▶ **WHAT TO PRODUCE**
Pull every line that includes the word "cases" out of the data below and copy it.

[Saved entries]
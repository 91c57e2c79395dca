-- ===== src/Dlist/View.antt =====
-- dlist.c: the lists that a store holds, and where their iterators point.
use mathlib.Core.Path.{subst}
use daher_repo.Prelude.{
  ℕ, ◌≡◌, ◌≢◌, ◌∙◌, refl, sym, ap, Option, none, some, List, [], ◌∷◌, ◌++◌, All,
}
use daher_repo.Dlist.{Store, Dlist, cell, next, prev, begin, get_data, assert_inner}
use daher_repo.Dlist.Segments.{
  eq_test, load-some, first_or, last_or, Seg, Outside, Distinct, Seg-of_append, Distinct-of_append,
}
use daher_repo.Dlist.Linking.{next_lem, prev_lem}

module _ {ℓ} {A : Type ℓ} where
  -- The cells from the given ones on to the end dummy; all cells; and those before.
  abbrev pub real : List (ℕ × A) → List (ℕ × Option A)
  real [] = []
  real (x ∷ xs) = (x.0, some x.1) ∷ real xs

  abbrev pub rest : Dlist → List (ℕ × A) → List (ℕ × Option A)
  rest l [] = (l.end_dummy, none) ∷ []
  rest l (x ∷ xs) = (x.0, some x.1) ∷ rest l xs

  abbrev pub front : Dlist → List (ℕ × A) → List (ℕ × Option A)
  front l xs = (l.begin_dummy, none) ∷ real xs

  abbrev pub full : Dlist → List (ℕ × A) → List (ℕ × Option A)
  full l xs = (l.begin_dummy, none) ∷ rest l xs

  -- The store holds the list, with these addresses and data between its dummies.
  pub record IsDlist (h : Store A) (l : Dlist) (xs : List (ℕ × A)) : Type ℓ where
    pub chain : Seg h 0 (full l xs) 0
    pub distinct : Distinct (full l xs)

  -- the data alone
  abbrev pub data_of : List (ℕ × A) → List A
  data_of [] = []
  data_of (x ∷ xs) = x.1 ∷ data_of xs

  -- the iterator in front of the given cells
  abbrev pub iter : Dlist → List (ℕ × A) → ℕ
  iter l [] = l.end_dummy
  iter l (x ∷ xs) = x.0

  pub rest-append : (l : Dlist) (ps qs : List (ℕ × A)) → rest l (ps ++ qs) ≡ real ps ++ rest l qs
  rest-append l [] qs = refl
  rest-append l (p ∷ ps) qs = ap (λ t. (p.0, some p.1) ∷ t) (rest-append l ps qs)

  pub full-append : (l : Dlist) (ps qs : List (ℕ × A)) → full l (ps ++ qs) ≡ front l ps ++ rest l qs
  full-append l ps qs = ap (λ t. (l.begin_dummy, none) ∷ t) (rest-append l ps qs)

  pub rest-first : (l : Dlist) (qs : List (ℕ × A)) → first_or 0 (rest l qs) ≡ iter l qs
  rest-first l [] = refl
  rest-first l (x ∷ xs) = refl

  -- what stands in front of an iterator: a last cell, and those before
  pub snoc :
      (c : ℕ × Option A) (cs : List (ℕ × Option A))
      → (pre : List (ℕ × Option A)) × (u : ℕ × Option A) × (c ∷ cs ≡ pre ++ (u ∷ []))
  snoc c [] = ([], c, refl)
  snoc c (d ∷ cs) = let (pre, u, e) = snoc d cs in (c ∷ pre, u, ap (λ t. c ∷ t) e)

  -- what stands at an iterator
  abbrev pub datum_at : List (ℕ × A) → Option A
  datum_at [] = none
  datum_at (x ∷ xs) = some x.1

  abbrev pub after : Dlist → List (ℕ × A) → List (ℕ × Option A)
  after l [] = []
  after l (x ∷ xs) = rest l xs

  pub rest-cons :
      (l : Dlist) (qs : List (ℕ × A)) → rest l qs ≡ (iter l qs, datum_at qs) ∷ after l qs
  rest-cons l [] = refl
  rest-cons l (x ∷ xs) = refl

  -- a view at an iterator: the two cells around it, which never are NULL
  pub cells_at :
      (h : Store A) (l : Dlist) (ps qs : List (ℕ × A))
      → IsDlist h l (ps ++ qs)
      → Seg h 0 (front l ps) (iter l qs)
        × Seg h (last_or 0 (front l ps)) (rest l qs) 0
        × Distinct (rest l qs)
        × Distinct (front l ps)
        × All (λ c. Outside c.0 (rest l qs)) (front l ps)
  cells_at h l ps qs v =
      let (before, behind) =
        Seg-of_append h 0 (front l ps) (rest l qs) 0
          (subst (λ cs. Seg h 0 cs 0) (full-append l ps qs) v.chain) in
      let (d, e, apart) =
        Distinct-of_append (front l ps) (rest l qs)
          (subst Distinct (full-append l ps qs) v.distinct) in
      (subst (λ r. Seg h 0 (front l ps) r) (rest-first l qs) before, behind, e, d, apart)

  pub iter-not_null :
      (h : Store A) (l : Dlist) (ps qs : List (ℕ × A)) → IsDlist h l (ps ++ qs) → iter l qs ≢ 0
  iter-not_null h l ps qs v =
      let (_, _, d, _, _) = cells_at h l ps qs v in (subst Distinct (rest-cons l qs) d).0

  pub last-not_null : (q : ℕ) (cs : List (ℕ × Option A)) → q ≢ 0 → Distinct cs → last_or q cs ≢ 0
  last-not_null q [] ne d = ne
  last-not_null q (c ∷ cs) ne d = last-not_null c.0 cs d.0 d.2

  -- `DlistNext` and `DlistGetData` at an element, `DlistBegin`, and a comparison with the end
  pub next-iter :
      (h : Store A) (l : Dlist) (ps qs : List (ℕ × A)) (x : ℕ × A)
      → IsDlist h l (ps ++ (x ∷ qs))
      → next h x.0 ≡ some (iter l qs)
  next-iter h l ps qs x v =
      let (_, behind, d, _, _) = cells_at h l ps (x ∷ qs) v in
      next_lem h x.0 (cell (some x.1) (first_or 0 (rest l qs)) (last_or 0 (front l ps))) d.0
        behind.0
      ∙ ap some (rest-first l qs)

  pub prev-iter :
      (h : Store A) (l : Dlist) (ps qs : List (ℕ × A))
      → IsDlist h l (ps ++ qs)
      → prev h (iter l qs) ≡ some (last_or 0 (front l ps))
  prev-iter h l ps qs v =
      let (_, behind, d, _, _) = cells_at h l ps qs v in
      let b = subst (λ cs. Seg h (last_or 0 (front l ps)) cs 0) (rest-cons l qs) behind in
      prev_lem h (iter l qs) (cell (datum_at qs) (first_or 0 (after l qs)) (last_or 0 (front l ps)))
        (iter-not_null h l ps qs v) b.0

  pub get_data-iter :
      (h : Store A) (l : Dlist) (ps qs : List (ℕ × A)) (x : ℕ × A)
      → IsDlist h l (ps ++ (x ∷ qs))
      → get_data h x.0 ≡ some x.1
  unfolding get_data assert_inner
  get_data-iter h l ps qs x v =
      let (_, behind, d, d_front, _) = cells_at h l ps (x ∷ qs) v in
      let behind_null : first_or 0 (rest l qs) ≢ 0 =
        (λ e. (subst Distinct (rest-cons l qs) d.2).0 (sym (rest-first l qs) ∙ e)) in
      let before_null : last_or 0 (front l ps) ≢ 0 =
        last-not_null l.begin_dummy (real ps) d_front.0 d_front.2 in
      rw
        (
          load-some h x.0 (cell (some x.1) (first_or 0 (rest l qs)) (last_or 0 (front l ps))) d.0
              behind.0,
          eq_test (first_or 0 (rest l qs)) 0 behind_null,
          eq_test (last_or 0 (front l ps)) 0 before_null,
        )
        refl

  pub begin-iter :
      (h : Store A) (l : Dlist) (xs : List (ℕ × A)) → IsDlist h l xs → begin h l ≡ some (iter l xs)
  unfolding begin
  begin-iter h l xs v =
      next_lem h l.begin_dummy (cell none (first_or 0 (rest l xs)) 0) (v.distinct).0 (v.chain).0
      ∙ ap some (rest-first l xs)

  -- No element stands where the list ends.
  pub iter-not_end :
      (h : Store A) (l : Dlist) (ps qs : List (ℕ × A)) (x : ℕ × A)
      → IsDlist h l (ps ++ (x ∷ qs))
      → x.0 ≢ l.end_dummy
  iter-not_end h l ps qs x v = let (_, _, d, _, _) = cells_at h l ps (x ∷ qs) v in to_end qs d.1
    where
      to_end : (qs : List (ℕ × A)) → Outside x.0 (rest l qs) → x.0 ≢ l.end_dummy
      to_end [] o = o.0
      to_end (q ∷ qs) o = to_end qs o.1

* * *

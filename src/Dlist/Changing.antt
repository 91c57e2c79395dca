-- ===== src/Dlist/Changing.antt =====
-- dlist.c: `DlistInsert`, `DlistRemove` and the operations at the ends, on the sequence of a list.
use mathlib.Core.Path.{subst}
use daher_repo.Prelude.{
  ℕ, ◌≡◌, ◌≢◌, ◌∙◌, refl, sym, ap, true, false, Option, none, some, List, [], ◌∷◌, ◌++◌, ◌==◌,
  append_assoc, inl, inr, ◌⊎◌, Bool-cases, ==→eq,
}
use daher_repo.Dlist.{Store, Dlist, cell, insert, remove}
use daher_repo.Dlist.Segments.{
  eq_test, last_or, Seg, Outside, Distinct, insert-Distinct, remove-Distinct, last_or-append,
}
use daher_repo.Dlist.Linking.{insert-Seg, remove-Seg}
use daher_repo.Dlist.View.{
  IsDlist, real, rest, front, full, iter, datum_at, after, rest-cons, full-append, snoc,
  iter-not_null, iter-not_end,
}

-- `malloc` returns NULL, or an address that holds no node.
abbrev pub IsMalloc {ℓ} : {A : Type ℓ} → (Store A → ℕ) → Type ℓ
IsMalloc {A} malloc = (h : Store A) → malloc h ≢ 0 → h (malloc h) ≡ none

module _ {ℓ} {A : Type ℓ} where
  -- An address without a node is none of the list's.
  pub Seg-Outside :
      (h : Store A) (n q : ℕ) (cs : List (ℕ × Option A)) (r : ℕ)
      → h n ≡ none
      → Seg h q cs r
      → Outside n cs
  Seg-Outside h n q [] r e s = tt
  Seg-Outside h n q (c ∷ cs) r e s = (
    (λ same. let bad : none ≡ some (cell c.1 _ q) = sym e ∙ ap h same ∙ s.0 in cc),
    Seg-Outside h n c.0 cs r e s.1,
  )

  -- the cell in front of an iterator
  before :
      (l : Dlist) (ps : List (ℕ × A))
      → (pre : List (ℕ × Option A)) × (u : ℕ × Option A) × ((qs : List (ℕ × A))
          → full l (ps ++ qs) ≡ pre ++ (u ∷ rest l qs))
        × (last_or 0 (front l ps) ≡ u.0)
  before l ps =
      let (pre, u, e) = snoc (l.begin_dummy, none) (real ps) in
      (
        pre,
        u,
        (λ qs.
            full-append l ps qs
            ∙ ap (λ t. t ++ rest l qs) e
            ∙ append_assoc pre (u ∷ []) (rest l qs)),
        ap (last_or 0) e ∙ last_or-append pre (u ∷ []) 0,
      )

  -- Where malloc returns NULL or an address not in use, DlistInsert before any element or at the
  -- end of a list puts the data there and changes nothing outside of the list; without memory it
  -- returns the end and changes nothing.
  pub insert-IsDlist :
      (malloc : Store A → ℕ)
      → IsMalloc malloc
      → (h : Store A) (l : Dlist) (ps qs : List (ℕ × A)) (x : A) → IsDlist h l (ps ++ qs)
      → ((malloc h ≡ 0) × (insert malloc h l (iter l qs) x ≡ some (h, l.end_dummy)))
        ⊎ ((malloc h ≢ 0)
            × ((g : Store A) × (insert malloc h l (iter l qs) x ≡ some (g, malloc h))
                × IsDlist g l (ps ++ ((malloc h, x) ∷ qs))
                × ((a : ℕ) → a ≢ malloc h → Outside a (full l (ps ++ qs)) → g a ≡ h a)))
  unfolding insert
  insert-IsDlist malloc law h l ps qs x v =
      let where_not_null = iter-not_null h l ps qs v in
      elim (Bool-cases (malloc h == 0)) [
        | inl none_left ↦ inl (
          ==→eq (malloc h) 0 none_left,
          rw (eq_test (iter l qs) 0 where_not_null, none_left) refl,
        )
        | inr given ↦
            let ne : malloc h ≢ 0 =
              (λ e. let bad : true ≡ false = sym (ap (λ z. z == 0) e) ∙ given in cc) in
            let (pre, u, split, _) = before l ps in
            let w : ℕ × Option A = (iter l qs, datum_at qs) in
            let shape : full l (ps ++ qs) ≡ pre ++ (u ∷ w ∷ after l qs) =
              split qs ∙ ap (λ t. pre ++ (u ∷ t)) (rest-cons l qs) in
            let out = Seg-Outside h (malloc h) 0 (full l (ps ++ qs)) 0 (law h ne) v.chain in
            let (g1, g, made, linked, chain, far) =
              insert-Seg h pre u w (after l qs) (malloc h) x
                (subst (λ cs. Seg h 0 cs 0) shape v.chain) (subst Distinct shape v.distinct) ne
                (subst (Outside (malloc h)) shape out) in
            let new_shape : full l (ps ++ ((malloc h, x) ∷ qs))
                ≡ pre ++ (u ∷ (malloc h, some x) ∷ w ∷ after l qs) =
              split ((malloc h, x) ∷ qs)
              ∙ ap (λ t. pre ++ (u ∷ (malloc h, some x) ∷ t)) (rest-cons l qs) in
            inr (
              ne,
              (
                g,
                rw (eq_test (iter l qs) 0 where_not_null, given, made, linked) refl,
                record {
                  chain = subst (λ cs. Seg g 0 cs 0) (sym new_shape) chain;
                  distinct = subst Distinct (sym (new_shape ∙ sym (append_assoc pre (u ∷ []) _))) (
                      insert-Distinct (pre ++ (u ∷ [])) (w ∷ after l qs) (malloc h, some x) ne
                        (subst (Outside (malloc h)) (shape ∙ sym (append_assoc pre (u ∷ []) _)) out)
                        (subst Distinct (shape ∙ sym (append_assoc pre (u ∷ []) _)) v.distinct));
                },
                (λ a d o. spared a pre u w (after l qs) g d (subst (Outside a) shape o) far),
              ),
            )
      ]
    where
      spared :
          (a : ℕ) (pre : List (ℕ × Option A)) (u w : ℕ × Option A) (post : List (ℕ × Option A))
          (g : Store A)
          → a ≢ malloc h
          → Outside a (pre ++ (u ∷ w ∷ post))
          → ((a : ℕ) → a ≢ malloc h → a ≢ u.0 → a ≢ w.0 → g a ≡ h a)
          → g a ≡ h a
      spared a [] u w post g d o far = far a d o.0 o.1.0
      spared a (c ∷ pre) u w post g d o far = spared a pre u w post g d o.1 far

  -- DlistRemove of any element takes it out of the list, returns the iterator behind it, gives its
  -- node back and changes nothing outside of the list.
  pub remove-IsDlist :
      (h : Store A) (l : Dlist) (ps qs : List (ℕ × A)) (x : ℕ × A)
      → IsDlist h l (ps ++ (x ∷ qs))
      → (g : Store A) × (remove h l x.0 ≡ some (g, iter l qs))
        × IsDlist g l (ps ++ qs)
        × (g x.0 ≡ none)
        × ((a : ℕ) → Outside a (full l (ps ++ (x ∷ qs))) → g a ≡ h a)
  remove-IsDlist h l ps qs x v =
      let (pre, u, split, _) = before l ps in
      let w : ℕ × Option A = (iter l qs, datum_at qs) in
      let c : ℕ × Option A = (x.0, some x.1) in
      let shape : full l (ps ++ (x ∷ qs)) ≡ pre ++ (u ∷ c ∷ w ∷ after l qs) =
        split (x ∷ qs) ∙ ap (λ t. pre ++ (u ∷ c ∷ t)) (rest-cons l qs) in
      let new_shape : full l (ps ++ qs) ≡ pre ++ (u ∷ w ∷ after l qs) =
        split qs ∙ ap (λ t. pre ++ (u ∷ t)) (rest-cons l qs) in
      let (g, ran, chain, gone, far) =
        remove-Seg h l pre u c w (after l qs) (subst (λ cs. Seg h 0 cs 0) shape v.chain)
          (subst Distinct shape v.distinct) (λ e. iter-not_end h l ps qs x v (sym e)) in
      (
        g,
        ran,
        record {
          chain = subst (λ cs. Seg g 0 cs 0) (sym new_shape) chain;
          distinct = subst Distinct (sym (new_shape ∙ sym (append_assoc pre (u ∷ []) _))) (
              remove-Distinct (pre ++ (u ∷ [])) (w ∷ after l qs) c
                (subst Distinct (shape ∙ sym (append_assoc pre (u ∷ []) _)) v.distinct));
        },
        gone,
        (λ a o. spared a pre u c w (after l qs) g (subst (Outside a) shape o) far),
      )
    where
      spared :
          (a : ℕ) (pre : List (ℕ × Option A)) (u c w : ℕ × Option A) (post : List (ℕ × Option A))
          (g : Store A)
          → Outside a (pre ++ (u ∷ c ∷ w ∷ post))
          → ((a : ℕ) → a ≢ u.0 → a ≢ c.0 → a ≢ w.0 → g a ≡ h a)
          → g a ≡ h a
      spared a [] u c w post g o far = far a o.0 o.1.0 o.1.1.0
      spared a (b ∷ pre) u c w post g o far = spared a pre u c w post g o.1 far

▶ **RESPONSE TO THE EXERCISE**
  append_assoc, inl, inr, ◌⊎◌, Bool-cases, ==→eq,
      elim (Bool-cases (malloc h == 0)) [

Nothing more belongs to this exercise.